HACKER Q&A
📣 2Gkashmiri

Any way to borrow compute from Apple M1


Hi.

i have a friend who owns an m1 max. i would like to "borrow" his gpu for llama 3 or SD. is there a way for me to use his compute when idle ? i do not want to remote into his machine, an easy local api would be fine (i could tailscale/zerotier) and then get the api that way.


  👤 enoch2090 Accepted Answer ✓
For llama3 just ask him to install ollama and serve the model. Ollama has auto memory management and will free the model when not used, and whenever you make a call to the API (do let your friend know before you do this) ollama will reload the model back to memory again.

Not sure whether there are anything similar for SD though.


👤 PLG88
There are tons of options - https://github.com/anderspitman/awesome-tunneling. I will advocate for zrok.io as I work on its parent project, OpenZiti. zrok is open source and has a free SaaS.

👤 nomadic-coder
[zrok](https://zrok.io/), an alternative to ngrok does access management too. It's like tailscale but can give access to a specific service.

👤 lordnacho
> i do not want to remote into his machine

> tailscale/zerotier

Same thing isn't it?

In any case it wouldn't be hard for you to just have an account on his machine, tailscale being perhaps the simplest setup. SSH in, cook his laptop at your leisure.


👤 condiment
I had to do this fairly recently to make krita-diffusion available for my friends and family who don't have a 3090ti laying around. Probably the simplest way would be to run a local http service on your friend's M1 that is ssh tunneled to a server that you'll access over http. On the server you'll need to reverse-proxy the tunneled port to a public address and port.

You make http requests to the shared server, those get proxied via the ssh tunnel to his machine, and the client on his machine could make the determination when/whether to run the workload.


👤 whywhywhywhy
M1 can’t really handle SD the inference times are closer to a minute and with SDXL you can feel the machine straining under it, battery depletes quick and the machine often completely freezes up for a second if you’re trying to do other things at the same time (M1 Max 32gb).

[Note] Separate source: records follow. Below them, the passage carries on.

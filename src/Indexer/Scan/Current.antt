-- ===== src/Indexer/Scan/Current.antt =====
-- After a round of the scan the table is up to date (`scan_loop` of src/agent/indexer.cpp).
use drlog_search.Base.{
  ℕ, Bool, not, ◌&&◌, ◌||◌, Option, none, some, List, [], ◌∷◌, Bytes, eqb, eqb_iff, ◌≡◌, refl, sym,
  ap, ◌∙◌, ◌≢◌, inl, inr, arith, Bool-cases, All, ◌⊎◌,
}
use drlog_search.Table.{lookup}
use drlog_search.Indexer.Info.{RootPath, FileInfo}
use drlog_search.Indexer.Files.{Files, scan_file}
use drlog_search.Indexer.Files.Current.{scan_file_lem}
use drlog_search.Indexer.Scan.{
  Entry, seen, passes, info_of, scan_seen, scan_entries, scan_root, scan_roots,
}

-- What the file system says of a file.
pub record Stat : Type 0 where
  pub inode : ℕ
  pub size : ℕ
  pub mtime : ℕ

abbrev pub Says : Option ℕ → ℕ → Type 0
Says none n = Unit
Says (some m) n = m ≡ n

-- The calls on an entry answer what the file system says, or fail.
pub record IsSnapshot (stat : Bytes → Stat) (entry : Entry) : Type 0 where
  pub inode_right : Says entry.inode (stat entry.path).inode
  pub size_right : Says entry.size (stat entry.path).size
  pub mtime_right : Says entry.mtime (stat entry.path).mtime

-- A file is in the table as the file system says.
pub record Shown (stat : Stat) (o : Option FileInfo) : Type 0 where
  pub entry : FileInfo
  pub present : o ≡ some entry
  pub inode_shown : entry.inode ≡ stat.inode
  pub size_shown : entry.size ≡ stat.size
  pub mtime_shown : entry.mtime ≡ stat.mtime

-- What is seen of an entry is what the file system says of its path.
abbrev SeenRight : (Bytes → Stat) → Bytes → Option FileInfo → Type 0
SeenRight stat path none = Unit
SeenRight stat path (some info) =
    (info.fullpath ≡ path)
    × (info.inode ≡ (stat path).inode)
    × (info.size ≡ (stat path).size)
    × (info.mtime ≡ (stat path).mtime)

seen-right :
    (stat : Bytes → Stat) (rp : RootPath) (entry : Entry) (i s m : Option ℕ)
    → Says i (stat entry.path).inode
    → Says s (stat entry.path).size
    → Says m (stat entry.path).mtime
    → SeenRight stat entry.path (seen rp entry i s m)
unfolding seen
seen-right stat rp entry (some i) (some s) (some m) a b c = (refl, a, b, c)
seen-right stat rp entry none s m a b c = tt
seen-right stat rp entry (some i) none m a b c = tt
seen-right stat rp entry (some i) (some s) none a b c = tt

module _ (regex_match : Bytes → Bytes → Option Bool) (stat : Bytes → Stat) where
  info_of-right :
      (rp : RootPath) (entry : Entry)
      → IsSnapshot stat entry
      → SeenRight stat entry.path (info_of regex_match rp entry)
  unfolding info_of
  info_of-right rp entry h = elim (Bool-cases (entry.is_symlink || not entry.is_regular)) [
    | inl y ↦ rw y tt
    | inr n ↦
        rw n
          (elim (Bool-cases (
            passes regex_match rp.path_pattern entry.path
            && passes regex_match rp.filename_pattern entry.filename)) [
              | inl p ↦ rw p (
                  seen-right stat rp entry entry.inode entry.size entry.mtime h.inode_right
                    h.size_right h.mtime_right)
              | inr p ↦ rw p tt
            ])
  ]

  scan_seen-Shown :
      (path : Bytes) (o : Option FileInfo) (files : Files)
      → SeenRight stat path o
      → (info : FileInfo) → o ≡ some info
      → Shown (stat path) (lookup path (scan_seen o files))
  unfolding scan_seen
  scan_seen-Shown path none files h info e = cc
  scan_seen-Shown path (some i) files (p, a, b, c) info e =
      let r = (scan_file_lem i files).0 in
      record {
        entry = r.entry;
        present = ap (λ k. lookup k (scan_file i files)) (sym p) ∙ r.present;
        inode_shown = r.same_inode ∙ a;
        size_shown = r.same_size ∙ b;
        mtime_shown = r.same_mtime ∙ c;
      }

  -- What is shown right stays so, whatever entry is scanned.
  scan_seen-stays :
      (path other : Bytes) (o : Option FileInfo) (files : Files)
      → SeenRight stat other o
      → Shown (stat path) (lookup path files)
      → Shown (stat path) (lookup path (scan_seen o files))
  unfolding scan_seen
  scan_seen-stays path other none files h s = s
  scan_seen-stays path other (some i) files h s = elim (Bool-cases (eqb path i.fullpath)) [
    | inl y ↦
        let e : path ≡ other = (eqb_iff path i.fullpath).0 y ∙ h.0 in
        rw e (scan_seen-Shown other (some i) files h i refl)
    | inr n ↦
        let apart : path ≢ i.fullpath =
          λ x. absurd (ground (arith, n, (eqb_iff path i.fullpath).1 x)) in
        let same = (scan_file_lem i files).1 path apart in
        record {
          entry = s.entry;
          present = same ∙ s.present;
          inode_shown = s.inode_shown;
          size_shown = s.size_shown;
          mtime_shown = s.mtime_shown;
        }
  ]

  scan_entries-stays :
      (path : Bytes) (rp : RootPath) (entries : List Entry) (files : Files)
      → All (IsSnapshot stat) entries
      → Shown (stat path) (lookup path files)
      → Shown (stat path) (lookup path (scan_entries regex_match rp entries files))
  unfolding scan_entries
  scan_entries-stays path rp [] files h s = s
  scan_entries-stays path rp (e ∷ entries) files h s =
      scan_entries-stays path rp entries (scan_seen (info_of regex_match rp e) files) h.1
        (scan_seen-stays path e.path (info_of regex_match rp e) files (info_of-right rp e h.0) s)

  -- An entry that the scan of a root does not skip.
  abbrev pub Found : RootPath → List Entry → Bytes → Type 0
  Found rp [] path = ⊥
  Found rp (e ∷ entries) path =
      ((e.path ≡ path) × ((info : FileInfo) × (info_of regex_match rp e ≡ some info)))
      ⊎ Found rp entries path

  scan_entries-Shown :
      (path : Bytes) (rp : RootPath) (entries : List Entry) (files : Files)
      → All (IsSnapshot stat) entries
      → Found rp entries path
      → Shown (stat path) (lookup path (scan_entries regex_match rp entries files))
  unfolding scan_entries
  scan_entries-Shown path rp [] files h f = absurd f
  scan_entries-Shown path rp (e ∷ entries) files h (inl (p, (info, i))) = rw (← p) (
      scan_entries-stays e.path rp entries (scan_seen (info_of regex_match rp e) files) h.1
        (scan_seen-Shown e.path (info_of regex_match rp e) files (info_of-right rp e h.0) info i))
  scan_entries-Shown path rp (e ∷ entries) files h (inr f) =
      scan_entries-Shown path rp entries (scan_seen (info_of regex_match rp e) files) h.1 f

  abbrev pub SnapshotOf : Option (List Entry) → Type 0
  SnapshotOf none = Unit
  SnapshotOf (some entries) = All (IsSnapshot stat) entries

  abbrev pub FoundOf : RootPath → Option (List Entry) → Bytes → Type 0
  FoundOf rp none path = ⊥
  FoundOf rp (some entries) path = Found rp entries path

  -- The entries of each root are a snapshot.
  abbrev pub Snapshots : (Bytes → Option (List Entry)) → List RootPath → Type 0
  Snapshots directory [] = Unit
  Snapshots directory (rp ∷ roots) = SnapshotOf (directory rp.path) × Snapshots directory roots

  -- A root has an entry of the path that its scan does not skip.
  abbrev pub FoundIn : (Bytes → Option (List Entry)) → List RootPath → Bytes → Type 0
  FoundIn directory [] path = ⊥
  FoundIn directory (rp ∷ roots) path =
      FoundOf rp (directory rp.path) path ⊎ FoundIn directory roots path

  scan_root-stays :
      (path : Bytes) (rp : RootPath) (o : Option (List Entry)) (files : Files)
      → SnapshotOf o
      → Shown (stat path) (lookup path files)
      → Shown (stat path) (lookup path (scan_root regex_match rp o files))
  unfolding scan_root
  scan_root-stays path rp none files h s = s
  scan_root-stays path rp (some entries) files h s = scan_entries-stays path rp entries files h s

  scan_root-Shown :
      (path : Bytes) (rp : RootPath) (o : Option (List Entry)) (files : Files)
      → SnapshotOf o
      → FoundOf rp o path
      → Shown (stat path) (lookup path (scan_root regex_match rp o files))
  unfolding scan_root
  scan_root-Shown path rp none files h f = absurd f
  scan_root-Shown path rp (some entries) files h f = scan_entries-Shown path rp entries files h f

  module _ (directory : Bytes → Option (List Entry)) where
    scan_roots-stays :
        (path : Bytes) (roots : List RootPath) (files : Files)
        → Snapshots directory roots
        → Shown (stat path) (lookup path files)
        → Shown (stat path) (lookup path (scan_roots regex_match directory roots files))
    unfolding scan_roots
    scan_roots-stays path [] files h s = s
    scan_roots-stays path (rp ∷ roots) files h s =
        scan_roots-stays path roots (scan_root regex_match rp (directory rp.path) files) h.1
          (scan_root-stays path rp (directory rp.path) files h.0 s)

    pub scan_roots-Shown :
        (path : Bytes) (roots : List RootPath) (files : Files)
        → Snapshots directory roots
        → FoundIn directory roots path
        → Shown (stat path) (lookup path (scan_roots regex_match directory roots files))
    unfolding scan_roots
    scan_roots-Shown path [] files h f = absurd f
    scan_roots-Shown path (rp ∷ roots) files h (inl f) =
        scan_roots-stays path roots (scan_root regex_match rp (directory rp.path) files) h.1
          (scan_root-Shown path rp (directory rp.path) files h.0 f)
    scan_roots-Shown path (rp ∷ roots) files h (inr f) =
        scan_roots-Shown path roots (scan_root regex_match rp (directory rp.path) files) h.1 f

Think you’d be way better off just paying for a service designed for this or renting a GPU from a service set up for this cost won’t be that significant.


👤 neximo64
Use Ollama's api

👤 BossingAround
An off-topic question, are Apple's M-series chips any good at current AI/ML work? How does it compare with dedicated GPUs?

👤 loktarogar
This was bouncing around the last few days, if you have a few devices as well as the M1 (though i'm not sure it able to work over the internet as opposed to a local network): https://github.com/exo-explore/exo

Otherwise set up Ollama's API


👤 neom
I feel like Ollama just came out and now y'all are doing model based laptop resource sharing.

Should I take this as an indicator that embedded GenAI is moving quite quickly?

(Also just wanted to say I find this thread incredibly cool generally, some very interesting stuff going on!!! :D )


👤 paxys
The entire point of embedded models is that you can run them locally. If it'll anyways take an internet roundtrip then what's the point of connecting to your friend's laptop over a cloud GPU or a managed service like ChatGPT-4o?

👤 thisconnect
If you are in the same network try https://pinokio.computer

👤 exe34
With "borrow" in scare quotes, do you intend for him to be aware of his generosity?